Разумеется, осознание и осмысление этого продуктивного контраста пришло позднее, когда я столкнулся с оппозицией понятности и непонятности у Гуссерля и Хайдеггера. Речь, конечно, не о понятности текстов – Гуссерля иной раз труднее понять, чем Хайдеггера, – но о различии изначальных установок феноменологии сознания и герменевтики фактичности. Вопрос Хайдеггера, обращенный к Гуссерлю: «Как возможна непонятность сущего?» – ставил под вопрос универсальный характер конституирования и смыслообразующих функций сознания. Истоки смысла нужно было искать не в сфере очевидности, но в смутной и усредненной повседневности. Именно повседневность должна была стать сферой беспредпосылочности. Именно здесь человеческое бытие должно было раскрыть себя, по Хайдеггеру, до всякой теории и мировоззрений. Еще до Хайдеггера аналогичные возражения Гуссерлю выдвигал Г. Шпет: смысл предмета должен быть понят из его предназначения, из его социальной функции, благодаря герменевтическим актам, а не только из эмпирической или идеальной интуиции. Аналогичная критика не замедлила явиться и после Хайдеггера: Сартр, Ингарден, Левинас, если назвать самых известных критиков. Гуссерль как бы придумал для своих учеников игру: найти неподвластные рефлексии конституенты мира и попытаться их эксплицировать. Найти оказалось легче, чем эксплицировать: понадобился полухудожественный – полуфилософский язык, претендующий на статус, равный самому бытию, спонтанности сознания, социальной реальности и т. д. Однако вещи никак не хотели «самоэксплицироваться», являться вне определенного опыта, который все-таки предполагал свою собственную дескрипцию, а не только дескрипцию вещей.
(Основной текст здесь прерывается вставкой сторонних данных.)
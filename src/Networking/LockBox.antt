-- ===== src/Networking/LockBox.antt =====
-- Networking/IPv4/LockBox/lockbox.c: the table of claimed sockets, with a quota for each remote
-- address, a cap on the buffered bytes of each socket and a generation for each slot. The three
-- static variables are the record `LockBox`, the argument and result of each operation.
pub mod Answer
pub mod Claim
pub mod Valid
mod Examples
use aevros.Base.{
  ℕ, suc, ◌+◌, ◌-◌, Bool, true, false, not, ◌&&◌, ◌||◌, Option, none, some, List, [], ◌∷◌, ltb, leb,
  ◌==◌, if◌then◌else◌, is_some, bytes_eq, add32, find_index, update_first, count_if, replicate,
  drop, get_elem?, get_or, update_at,
}

abbrev pub capacity : ℕ
capacity = 64

abbrev pub max_per_ip : ℕ
max_per_ip = 8

abbrev pub max_buffered : ℕ
max_buffered = 4096

-- `lockbox_result_t`
pub data Result : Type 0 where
  ok reject_table_full reject_ip_quota reject_already_exists : Result

-- `lockbox_entry_t`
pub record Entry : Type 0 where
  pub local_port : ℕ
  pub remote_ip : List ℕ
  pub remote_port : ℕ
  pub protocol : ℕ
  pub buffered_bytes : ℕ
  pub in_use : Bool

pub record LockBox : Type 0 where
  pub table : List Entry
  pub generation : List ℕ
  pub rejected_count : ℕ

abbrev pub blank : Entry
blank = record {
  local_port = 0;
  remote_ip = 0 ∷ 0 ∷ 0 ∷ 0 ∷ [];
  remote_port = 0;
  protocol = 0;
  buffered_bytes = 0;
  in_use = false;
}

-- The zeroed static variables.
abbrev pub empty : LockBox
empty = record {
  table = replicate capacity blank;
  generation = replicate capacity 0;
  rejected_count = 0;
}

abbrev pub is_free : Entry → Bool
is_free e = not e.in_use

-- The slot belongs to this remote address.
abbrev pub held_by : List ℕ → Entry → Bool
held_by ip e = e.in_use && bytes_eq e.remote_ip ip

-- The slot is this connection.
abbrev pub connects : ℕ → List ℕ → ℕ → ℕ → Entry → Bool
connects local_port remote_ip remote_port protocol e =
    e.in_use
    && (e.local_port == local_port
        && (e.remote_port == remote_port
            && (e.protocol == protocol && bytes_eq e.remote_ip remote_ip)))

-- The slot is in use on this local port.
abbrev pub on_port : ℕ → ℕ → Entry → Bool
on_port local_port protocol e = e.in_use && (e.local_port == local_port && e.protocol == protocol)

-- `return i` in the loop, `return LOCKBOX_CAPACITY` after it.
abbrev pub or_capacity : Option ℕ → ℕ
or_capacity none = capacity
or_capacity (some i) = i

unfoldable pub count_for_ip : List ℕ → LockBox → ℕ
count_for_ip ip s = count_if (held_by ip) s.table

abbrev pub first_id : ℕ → ℕ
first_id after_id = if leb capacity after_id then 0 else after_id + 1

pub next_for_port : ℕ → ℕ → ℕ → LockBox → ℕ
next_for_port local_port protocol after_id s =
    elim (find_index (on_port local_port protocol) (drop (first_id after_id) s.table)) [
      | none ↦ capacity
      | some i ↦ first_id after_id + i
    ]

unfoldable pub find_connection : ℕ → List ℕ → ℕ → ℕ → LockBox → ℕ
find_connection local_port remote_ip remote_port protocol s =
    or_capacity (find_index (connects local_port remote_ip remote_port protocol) s.table)

pub record Claimed : Type 0 where
  pub result : Result
  -- What `*out_id` is set to, if it is.
  pub out_id : Option ℕ
  pub box : LockBox

abbrev pub reject : Result → LockBox → Claimed
reject r s = record {
  result = r;
  out_id = none;
  box = record s { rejected_count = add32 s.rejected_count 1 };
}

-- The writes of `lockbox_claim` to slot `i`, the first free one.
abbrev pub take_slot : ℕ → List ℕ → ℕ → ℕ → LockBox → ℕ → Claimed
take_slot local_port remote_ip remote_port protocol s i = record {
  result = ok;
  out_id = some i;
  box = record s {
    table =
        update_first is_free
          (λ e. record {
            local_port = local_port;
            remote_ip = remote_ip;
            remote_port = remote_port;
            protocol = protocol;
            buffered_bytes = 0;
            in_use = true;
          })
          s.table;
    generation = update_at i (λ g. add32 g 1) s.generation;
  };
}

unfoldable pub claim : ℕ → List ℕ → ℕ → ℕ → LockBox → Claimed
unfolding find_connection count_for_ip
claim local_port remote_ip remote_port protocol s =
    if not (find_connection local_port remote_ip remote_port protocol s == capacity)
    then reject reject_already_exists s
    else if leb max_per_ip (count_for_ip remote_ip s)
    then reject reject_ip_quota s
    else elim (find_index is_free s.table) [
      | none ↦ reject reject_table_full s
      | some i ↦ take_slot local_port remote_ip remote_port protocol s i
    ]

-- `table[id].in_use`, for `id` in range.
abbrev pub in_use_at : ℕ → LockBox → Bool
in_use_at id s = elim (get_elem? s.table id) [ none ↦ false | some e ↦ e.in_use ]

abbrev pub buffered_at : ℕ → LockBox → ℕ
buffered_at id s = elim (get_elem? s.table id) [ none ↦ 0 | some e ↦ e.buffered_bytes ]

-- `table[id].buffered_bytes = n`
abbrev pub set_buffered : ℕ → ℕ → LockBox → LockBox
set_buffered id n s = record s {
  table = update_at id (λ e. record e { buffered_bytes = n }) s.table;
}

unfoldable pub deposit : ℕ → ℕ → LockBox → Bool × LockBox
deposit id bytes s =
    if leb capacity id || not (in_use_at id s)
    then (false, s)
    else if ltb max_buffered (add32 (buffered_at id s) bytes)
    then (false, record s { rejected_count = add32 s.rejected_count 1 })
    else (true, set_buffered id (add32 (buffered_at id s) bytes) s)

unfoldable pub consume : ℕ → ℕ → LockBox → LockBox
consume id bytes s =
    if leb capacity id
    then s
    else if ltb (buffered_at id s) bytes
    then set_buffered id 0 s
    else set_buffered id (buffered_at id s - bytes) s

unfoldable pub release : ℕ → LockBox → LockBox
release id s =
    if ltb id capacity
    then record s { table = update_at id (λ e. record e { in_use = false }) s.table }
    else s

unfoldable pub active_count : LockBox → ℕ
active_count s = count_if (λ e. e.in_use) s.table

unfoldable pub listen : ℕ → ℕ → LockBox → Claimed
unfolding claim
listen local_port protocol s = claim local_port (0 ∷ 0 ∷ 0 ∷ 0 ∷ []) 0 protocol s

unfoldable pub get_generation : ℕ → LockBox → ℕ
get_generation id s = if leb capacity id then 0 else get_or s.generation id 0

pub find_listener : ℕ → ℕ → LockBox → ℕ
find_listener local_port protocol s = or_capacity (find_index (on_port local_port protocol) s.table)

-- What the call writes through its three pointers, if it returns 1.
abbrev pub tuple_of : Option Entry → Option (ℕ × List ℕ × ℕ)
tuple_of none = none
tuple_of (some e) = if e.in_use then some (e.local_port, e.remote_ip, e.remote_port) else none

pub get_tuple : ℕ → LockBox → Option (ℕ × List ℕ × ℕ)
get_tuple id s = if leb capacity id then none else tuple_of (get_elem? s.table id)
По мере освоения феноменологии это проблемное напряжение постепенно становилось одним из постоянных предметов моих размышлений. Различие между самим опытом и тем, что явлено в опыте, или тем, что показывает себя в опыте, представлялось мне все же необходимым.
Однако до размышлений о феноменологии было еще далеко. Прежде были годы учебы на старших курсах, и наша студенческая группа, объединявшая малочисленных логиков и малочисленных «философов естествознания», стала моим первым философским сообществом. При этом дело было не только в высоком интеллектуальном потенциале группы (в этом отношении с нами могла конкурировать только группа историков философии, где учился, в частности, А. Ф. Грязнов), но в разнообразии характеров и талантов.
В 1971 г., сразу же после окончания МГУ, минуя аспирантуру, я начал свою преподавательскую деятельность на кафедре философии Ростовского госуниверситета, как его принято было тогда называть. Первые 8–9 лет приходилось преподавать диалектический и исторический материализм.
Моими первыми студентами были математики, и с ними мы старательно обходили стороной, насколько это было возможно, материалистическую диалектику и другие шедевры советского марксизма, сосредоточиваясь на истории философии, методологии науки, экзистенциализме, а позже – феноменологии. Математики, как правило, – интеллектуальная элита университета, и таких хороших студентов у меня не было затем довольно долгое время.
Партийные органы полагались на самоконтроль, но я, отчасти по беспечности, не оправдывал их ожиданий. Диамат сводился у меня в основном к истории понятий; истмат я комбинировал из «Экономико-философских рукописей» Маркса, «Немецкой идеологии» и «Нового индустриального общества» Гэлбрейта, – книги, которую я с большим интересом прочитал летом 1971 г. Кроме того, такие темы, как «Философия общественного сознания», позволяли вообще забыть о «базисе и надстройке». В общем-то, я продолжал традицию нормальных людей; в МГУ нам везло в этом смысле на преподавателей. Именно на семинарских занятиях по истмату я узнал о существовании М. К. Петрова. Молодой преподаватель Дряхлов (имени и отчества, к сожалению, не помню), к которому наша студенческая группа прониклась уважением, излагал нам основы различных социологических учений, и на каждом занятии говорил: «А Петров из Ростова считает так-то и так-то».
С М. К. Петровым я познакомился только в 1975 г.; в то время он уже был лишен права преподавания, работал дома, «в стол»; и лишь с начала 90-х годов начали выходить его книги. Для меня было большой удачей иметь возможность в течение 10 лет, до моего отъезда в Москву, в докторантуру (1985), беседовать с этим ярким, глубоко образованным человеком, имевшим свое собственное видение философии и социальности. Вернувшись из Москвы в 1987 г., я уже, к моему прискорбию, не застал его в живых.